The Zahir

zahir“Zahir, in Arabic, means visible, present, incapable of going unnoticed.  It is someone or something which, once we have come into contact with them or it, gradually occupies our every thought, until we can think of nothing else.  This can be considered either a state of holiness or of madness.”
– Faubourg Saint-Peres – Encyclopaedia of the Fantastic
This idea of the Zahir is one that Paulo Coelho explores deeply in his novel of the same name.  In this tale of journeys and obsession, the main character’s wife, Esther, suddenly disappears one day leaving him wondering why or where to.  For him, she becomes the Zahir that he cannot get out of his mind.  She occupies his thoughts constantly and drives him to a point where he must decide whether she will become holiness or madness for him.
Who or what is our Zahir?  Is it something or someone that is real and tangible or is it an ideal that we have assigned?  As we are all in search of some deeper meaning in our lives, we can easily become attached to that which appears to manifest what we thought we have been seeking.  But does it really?  Is it merely a temporarily satisfactory substitute for what we are really longing for?
These are questions that we have to ask ourselves on a regular basis.  It is our human propensity to become attached to things that fill a provisional need, but as we get older and wiser, we come to realize that we have settled for less than what was meant for us.  Upon this awakening, we are faced with the task of continuing to settle or starting the intentional work of detaching.  Neither is easy, but holding on to a false reality is ultimately more tasking and saps meaning from our lives.
As Coelho says in The Zahir:

“That is why it is so important to let certain things go. To release them. To cut loose. People need to understand that no one is playing with marked cards; sometimes we win and sometimes we lose. Don’t expect to get anything back, don’t expect recognition for your efforts, don’t expect your genius to be discovered or your love to be understood. Complete the circle. Not out of pride, inability or arrogance, but simply because whatever it is no longer fits in your life. Close the door, change the record, clean the house, get rid of the dust. Stop being who you were and become who you are.”
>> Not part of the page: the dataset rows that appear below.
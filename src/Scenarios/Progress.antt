-- ===== src/Scenarios/Progress.antt =====
-- The theorems on a job that is fetched and run to its end, at a concrete state.
use queue_ctl.Prelude.{
  ◌≡◌, refl, ◌∷◌, [], false, some, All, arith, count_rows, find_row, update_rows, where_rows,
  order_by, insert_row, ◌==◌, eq_iff,
}
use queue_ctl.Prelude.Int.{pos, wrap64, ◌+ℤ◌}
use queue_ctl.Domain.Errors.{ok}
use queue_ctl.Domain.Job as Job
use queue_ctl.Domain.Job.{Job, status_eq}
use queue_ctl.Domain.Worker as Worker
use queue_ctl.Domain.Worker.{worker_status_eq}
use queue_ctl.Domain.Clocked.{new_execution_log, or_now, set_status}
use queue_ctl.Store.{World, succeeds, fails, now, new_id, driver_call}
use queue_ctl.Store.Tx.{with_tx}
use queue_ctl.Repository.Jobs as Jobs
use queue_ctl.Repository.Jobs.{
  is_eligible, acquired_before, acquire_in_tx, acquire_next_pending_job,
}
use queue_ctl.Repository.Logs as Logs
use queue_ctl.Repository.Workers as Workers
use queue_ctl.Lifecycle.Table.{Unique}
use queue_ctl.Service.Queue.{register_worker}
use queue_ctl.Service.Handlers.{Handler, handler_of, execute_job}
use queue_ctl.Service.Fetch.{fetch_in_tx, fetch_next_job}
use queue_ctl.Service.Fetch.Finds.{CanStart, fetch_next_job-finds}
use queue_ctl.Service.Fetch.Opens.{IsMonotone}
use queue_ctl.Service.Outcomes.Failure.{Failed}
use queue_ctl.Service.Outcomes.Success.{Completed}
use queue_ctl.Pool.{Pool, working, mark, poll_and_dispatch, settle}
use queue_ctl.Pool.Progress.{poll-completes}
use queue_ctl.Pool.Progress.Fails.{poll-fails}
use queue_ctl.Scenarios.Pools.{fresh_pool}
use queue_ctl.Scenarios.Sample.{
  calm_env, calm_env-IsCalm, sample_settings, urgent_job, waiting_world, boom,
}

abbrev good : Handler
good payload = succeeds

abbrev bad : Handler
bad payload = fails boom

-- The two jobs wait, with a handler for their type.
abbrev handled : Handler → World
handled h = record waiting_world { handlers = ("email", h) ∷ [] }

abbrev ready_world : World
ready_world = handled good

one_due : ¬ All (λ j. is_eligible "default" (pos 1000) j ≡ false) ready_world.db.jobs
unfolding status_eq
one_due h = let k = h.0 in ground arith

both-CanStart : All CanStart ready_world.db.jobs
unfolding Job.validate
both-CanStart = ((refl, omega arith), ((refl, omega arith), tt))

no_log : count_rows (Logs.has_id "id-0") ready_world.db.logs ≡ 0
unfolding count_rows
no_log = refl

fetch_next_job-finds_example :
    (job : Job) × ((fetch_next_job calm_env "default" "id-0" ready_world).0 ≡ ok (some job))
fetch_next_job-finds_example =
    fetch_next_job-finds calm_env calm_env-IsCalm "default" "id-0" ready_world one_due both-CanStart
      refl refl no_log

advances : IsMonotone calm_env
advances m n h = omega arith

ids_differ : "job-1" == "job-2" ≡ false
ids_differ = refl

different : Unique ready_world.db.jobs
unfolding count_rows
different = record {
  at = λ key.
      ground (arith, eq_iff "job-1" key, eq_iff "job-2" key, ids_differ, eq_iff "job-1" "job-2");
}

abbrev taken_job : Job
taken_job = Jobs.set_running (pos 1000) urgent_job

abbrev polled : Handler → Pool × World
polled h = poll_and_dispatch calm_env fresh_pool (handled h)

poll_runs :
    (h : Handler)
    → ((polled h).0.tasks ≡ working taken_job ∷ []) × (execute_job taken_job (polled h).1 ≡ h "{}")
unfolding execute_job handler_of poll_and_dispatch mark set_status register_worker Worker.validate
    Workers.upsert Workers.upserted worker_status_eq fetch_next_job fetch_in_tx
    acquire_next_pending_job acquire_in_tx acquired_before new_execution_log or_now new_id wrap64
    ◌+ℤ◌ with_tx driver_call now status_eq Logs.insert find_row count_rows update_rows where_rows
    order_by insert_row
poll_runs h = (refl, refl)

poll-completes_example :
    Completed calm_env "job-2"
      (calm_env.clock (polled good).1.reads)
      (polled good).1.db.jobs
      (settle calm_env sample_settings (polled good).0 taken_job (polled good).1).db.jobs
poll-completes_example =
    poll-completes calm_env calm_env-IsCalm advances sample_settings fresh_pool (handled good)
      taken_job different tt (poll_runs good).0 (poll_runs good).1

poll-fails_example :
    Failed calm_env sample_settings.backoff boom "job-2"
      (polled bad).1.reads
      (polled bad).1.db.jobs
      (settle calm_env sample_settings (polled bad).0 taken_job (polled bad).1).db.jobs
poll-fails_example =
    poll-fails calm_env calm_env-IsCalm advances sample_settings fresh_pool (handled bad) taken_job
      boom different tt tt (poll_runs bad).0 (poll_runs bad).1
            – Paulo Coelho – The Zahir


Chances are, there is something or someone who “no longer fits in your life.”  Do you have the strength and courage to let go?  I know you do, but do you know it?  As Coelho says, you don’t have to do it out of pride or arrogance, but for your own well-being – and likely theirs.  You can hold on to the representation of the ideal until it drives you to madness, or you can embrace the ideal itself until it leads you to holiness.  It’s your choice.
In the end, our only job is to stop being who we were and become who we are.